BEGIN
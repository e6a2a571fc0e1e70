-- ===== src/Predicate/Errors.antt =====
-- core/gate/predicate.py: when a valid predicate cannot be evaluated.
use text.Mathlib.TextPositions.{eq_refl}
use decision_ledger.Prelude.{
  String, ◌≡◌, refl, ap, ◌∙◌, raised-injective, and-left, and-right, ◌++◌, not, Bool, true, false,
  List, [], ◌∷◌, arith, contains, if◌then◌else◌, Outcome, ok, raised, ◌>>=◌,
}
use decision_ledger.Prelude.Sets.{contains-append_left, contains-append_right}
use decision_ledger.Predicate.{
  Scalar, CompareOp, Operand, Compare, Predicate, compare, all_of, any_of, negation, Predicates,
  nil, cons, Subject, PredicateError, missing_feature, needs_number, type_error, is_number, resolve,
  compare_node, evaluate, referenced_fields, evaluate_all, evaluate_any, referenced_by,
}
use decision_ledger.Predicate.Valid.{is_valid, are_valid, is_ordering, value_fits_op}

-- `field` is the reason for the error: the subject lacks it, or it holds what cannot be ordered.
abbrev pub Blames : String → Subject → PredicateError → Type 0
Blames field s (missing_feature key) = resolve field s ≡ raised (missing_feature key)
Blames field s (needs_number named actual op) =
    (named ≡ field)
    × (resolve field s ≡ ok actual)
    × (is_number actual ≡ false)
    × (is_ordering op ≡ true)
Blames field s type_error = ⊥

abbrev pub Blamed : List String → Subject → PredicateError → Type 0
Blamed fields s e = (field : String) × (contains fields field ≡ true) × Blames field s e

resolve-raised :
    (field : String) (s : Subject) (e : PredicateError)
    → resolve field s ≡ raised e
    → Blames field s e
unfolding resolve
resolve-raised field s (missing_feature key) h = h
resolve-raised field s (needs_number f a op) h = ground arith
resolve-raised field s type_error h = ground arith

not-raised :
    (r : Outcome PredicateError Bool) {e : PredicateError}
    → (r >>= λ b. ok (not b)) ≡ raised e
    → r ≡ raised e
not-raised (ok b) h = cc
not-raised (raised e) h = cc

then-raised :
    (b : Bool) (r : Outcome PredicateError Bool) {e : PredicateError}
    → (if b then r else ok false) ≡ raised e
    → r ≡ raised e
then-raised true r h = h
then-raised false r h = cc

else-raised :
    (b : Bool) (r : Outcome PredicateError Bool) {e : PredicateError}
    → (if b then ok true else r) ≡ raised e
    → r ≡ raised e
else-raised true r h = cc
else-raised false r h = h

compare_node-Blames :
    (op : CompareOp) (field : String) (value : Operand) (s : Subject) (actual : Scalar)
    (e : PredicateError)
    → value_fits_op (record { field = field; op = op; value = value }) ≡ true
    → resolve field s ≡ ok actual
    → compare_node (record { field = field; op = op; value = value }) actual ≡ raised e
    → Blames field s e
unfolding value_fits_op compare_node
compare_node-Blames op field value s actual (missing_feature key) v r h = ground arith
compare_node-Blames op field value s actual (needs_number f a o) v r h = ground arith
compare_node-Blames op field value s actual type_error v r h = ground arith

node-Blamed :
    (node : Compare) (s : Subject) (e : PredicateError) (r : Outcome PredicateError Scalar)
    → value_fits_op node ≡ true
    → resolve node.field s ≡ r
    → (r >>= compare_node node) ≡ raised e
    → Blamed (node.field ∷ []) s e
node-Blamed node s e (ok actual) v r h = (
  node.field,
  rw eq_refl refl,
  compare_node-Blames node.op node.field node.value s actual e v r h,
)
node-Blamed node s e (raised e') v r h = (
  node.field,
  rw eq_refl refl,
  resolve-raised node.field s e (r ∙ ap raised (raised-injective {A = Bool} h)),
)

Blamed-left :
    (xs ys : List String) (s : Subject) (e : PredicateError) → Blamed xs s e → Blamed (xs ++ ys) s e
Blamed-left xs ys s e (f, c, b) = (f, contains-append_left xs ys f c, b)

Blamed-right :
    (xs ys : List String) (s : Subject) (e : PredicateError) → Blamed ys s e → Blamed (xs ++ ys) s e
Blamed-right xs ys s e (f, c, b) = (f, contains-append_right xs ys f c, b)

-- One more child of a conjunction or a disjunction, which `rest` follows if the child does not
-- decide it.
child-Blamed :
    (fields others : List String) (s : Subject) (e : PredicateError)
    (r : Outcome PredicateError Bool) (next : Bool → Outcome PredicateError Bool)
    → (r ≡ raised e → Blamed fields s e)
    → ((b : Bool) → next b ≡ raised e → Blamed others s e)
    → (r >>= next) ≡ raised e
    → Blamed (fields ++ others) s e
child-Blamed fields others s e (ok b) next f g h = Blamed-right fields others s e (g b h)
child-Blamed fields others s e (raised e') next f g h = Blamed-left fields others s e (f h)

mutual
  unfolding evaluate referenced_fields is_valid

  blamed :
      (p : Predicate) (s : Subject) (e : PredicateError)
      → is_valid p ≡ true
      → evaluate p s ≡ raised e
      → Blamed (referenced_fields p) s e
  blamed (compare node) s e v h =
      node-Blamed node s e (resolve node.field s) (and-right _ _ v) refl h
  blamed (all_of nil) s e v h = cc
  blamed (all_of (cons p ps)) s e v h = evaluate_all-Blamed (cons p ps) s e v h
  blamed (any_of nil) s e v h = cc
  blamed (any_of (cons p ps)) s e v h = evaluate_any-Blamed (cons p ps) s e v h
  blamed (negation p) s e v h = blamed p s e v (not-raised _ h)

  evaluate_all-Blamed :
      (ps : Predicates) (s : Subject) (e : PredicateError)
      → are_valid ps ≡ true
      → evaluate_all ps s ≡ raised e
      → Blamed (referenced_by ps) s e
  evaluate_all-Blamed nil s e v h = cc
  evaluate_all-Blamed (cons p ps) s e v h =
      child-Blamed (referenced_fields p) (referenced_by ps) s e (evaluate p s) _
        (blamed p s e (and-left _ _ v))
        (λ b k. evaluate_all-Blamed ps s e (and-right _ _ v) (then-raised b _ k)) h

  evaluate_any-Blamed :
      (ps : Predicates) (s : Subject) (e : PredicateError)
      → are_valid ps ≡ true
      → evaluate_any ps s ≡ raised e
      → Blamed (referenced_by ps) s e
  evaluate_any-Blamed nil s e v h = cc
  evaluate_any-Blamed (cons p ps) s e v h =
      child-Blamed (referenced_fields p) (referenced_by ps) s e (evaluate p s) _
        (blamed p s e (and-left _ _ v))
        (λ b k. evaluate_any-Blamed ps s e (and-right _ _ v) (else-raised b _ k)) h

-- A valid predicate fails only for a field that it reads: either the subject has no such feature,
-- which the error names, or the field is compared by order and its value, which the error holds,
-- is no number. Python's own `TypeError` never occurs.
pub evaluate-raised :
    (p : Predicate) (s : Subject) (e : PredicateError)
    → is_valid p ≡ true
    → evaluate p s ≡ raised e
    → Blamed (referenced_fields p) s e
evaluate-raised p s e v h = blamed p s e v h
END
BEGIN
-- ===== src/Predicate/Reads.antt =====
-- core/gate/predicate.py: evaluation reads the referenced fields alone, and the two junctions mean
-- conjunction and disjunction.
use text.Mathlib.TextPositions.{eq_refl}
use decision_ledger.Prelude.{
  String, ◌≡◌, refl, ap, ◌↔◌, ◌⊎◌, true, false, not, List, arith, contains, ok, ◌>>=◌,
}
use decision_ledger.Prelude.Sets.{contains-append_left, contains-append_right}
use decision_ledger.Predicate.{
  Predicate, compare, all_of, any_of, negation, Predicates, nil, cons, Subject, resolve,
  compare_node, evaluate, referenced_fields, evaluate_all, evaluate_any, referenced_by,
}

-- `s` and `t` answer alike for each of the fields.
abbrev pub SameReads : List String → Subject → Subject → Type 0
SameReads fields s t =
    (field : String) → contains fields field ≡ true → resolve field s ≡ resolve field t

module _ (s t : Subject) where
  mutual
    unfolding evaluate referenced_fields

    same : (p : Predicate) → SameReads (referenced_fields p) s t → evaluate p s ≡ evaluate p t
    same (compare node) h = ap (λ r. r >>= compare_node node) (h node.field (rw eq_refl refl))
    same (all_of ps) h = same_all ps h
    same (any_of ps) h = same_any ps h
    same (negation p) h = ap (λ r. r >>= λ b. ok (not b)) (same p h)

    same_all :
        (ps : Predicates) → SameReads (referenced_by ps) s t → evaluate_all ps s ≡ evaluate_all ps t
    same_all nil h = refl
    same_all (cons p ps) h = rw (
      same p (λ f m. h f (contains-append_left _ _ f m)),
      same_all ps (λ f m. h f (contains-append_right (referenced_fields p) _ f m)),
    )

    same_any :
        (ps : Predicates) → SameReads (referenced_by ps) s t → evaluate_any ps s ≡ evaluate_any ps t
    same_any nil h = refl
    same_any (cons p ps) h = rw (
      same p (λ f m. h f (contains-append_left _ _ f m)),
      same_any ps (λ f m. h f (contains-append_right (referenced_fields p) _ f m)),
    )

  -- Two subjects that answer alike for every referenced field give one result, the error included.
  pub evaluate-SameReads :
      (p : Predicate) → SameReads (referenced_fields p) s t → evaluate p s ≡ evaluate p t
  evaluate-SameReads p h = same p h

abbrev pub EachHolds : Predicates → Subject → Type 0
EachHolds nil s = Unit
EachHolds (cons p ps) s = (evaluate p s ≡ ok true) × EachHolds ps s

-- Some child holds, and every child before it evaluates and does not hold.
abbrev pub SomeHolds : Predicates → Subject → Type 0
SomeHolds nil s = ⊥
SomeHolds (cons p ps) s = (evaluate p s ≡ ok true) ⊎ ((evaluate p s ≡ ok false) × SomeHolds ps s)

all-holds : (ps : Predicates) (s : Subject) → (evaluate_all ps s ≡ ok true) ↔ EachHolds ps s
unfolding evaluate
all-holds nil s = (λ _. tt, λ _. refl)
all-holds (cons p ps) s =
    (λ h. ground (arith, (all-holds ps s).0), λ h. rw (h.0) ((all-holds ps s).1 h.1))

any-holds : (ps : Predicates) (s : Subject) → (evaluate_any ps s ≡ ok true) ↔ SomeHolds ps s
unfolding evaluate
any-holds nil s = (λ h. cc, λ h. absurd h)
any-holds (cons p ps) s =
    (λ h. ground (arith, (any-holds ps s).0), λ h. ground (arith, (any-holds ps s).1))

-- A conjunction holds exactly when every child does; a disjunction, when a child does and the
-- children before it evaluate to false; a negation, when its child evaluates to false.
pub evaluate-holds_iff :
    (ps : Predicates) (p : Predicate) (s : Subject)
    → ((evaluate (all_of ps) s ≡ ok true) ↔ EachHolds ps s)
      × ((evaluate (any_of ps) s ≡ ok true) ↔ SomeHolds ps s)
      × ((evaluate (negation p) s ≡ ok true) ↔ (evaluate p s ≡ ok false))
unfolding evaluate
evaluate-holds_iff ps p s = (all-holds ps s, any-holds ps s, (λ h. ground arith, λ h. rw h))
END
ACTIVITY: Start with the line above that contains "repository e6a2a571fc0e1e70" and stop after the line that contains "(named ≡ field)". Output those lines exactly, and only those.

EXPECTED ANSWER:
repository e6a2a571fc0e1e70
-- ===== src/Predicate/Errors.antt =====
-- core/gate/predicate.py: when a valid predicate cannot be evaluated.
use text.Mathlib.TextPositions.{eq_refl}
use decision_ledger.Prelude.{
  String, ◌≡◌, refl, ap, ◌∙◌, raised-injective, and-left, and-right, ◌++◌, not, Bool, true, false,
  List, [], ◌∷◌, arith, contains, if◌then◌else◌, Outcome, ok, raised, ◌>>=◌,
}
use decision_ledger.Prelude.Sets.{contains-append_left, contains-append_right}
use decision_ledger.Predicate.{
  Scalar, CompareOp, Operand, Compare, Predicate, compare, all_of, any_of, negation, Predicates,
  nil, cons, Subject, PredicateError, missing_feature, needs_number, type_error, is_number, resolve,
  compare_node, evaluate, referenced_fields, evaluate_all, evaluate_any, referenced_by,
}
use decision_ledger.Predicate.Valid.{is_valid, are_valid, is_ordering, value_fits_op}

-- `field` is the reason for the error: the subject lacks it, or it holds what cannot be ordered.
abbrev pub Blames : String → Subject → PredicateError → Type 0
Blames field s (missing_feature key) = resolve field s ≡ raised (missing_feature key)
Blames field s (needs_number named actual op) =
    (named ≡ field)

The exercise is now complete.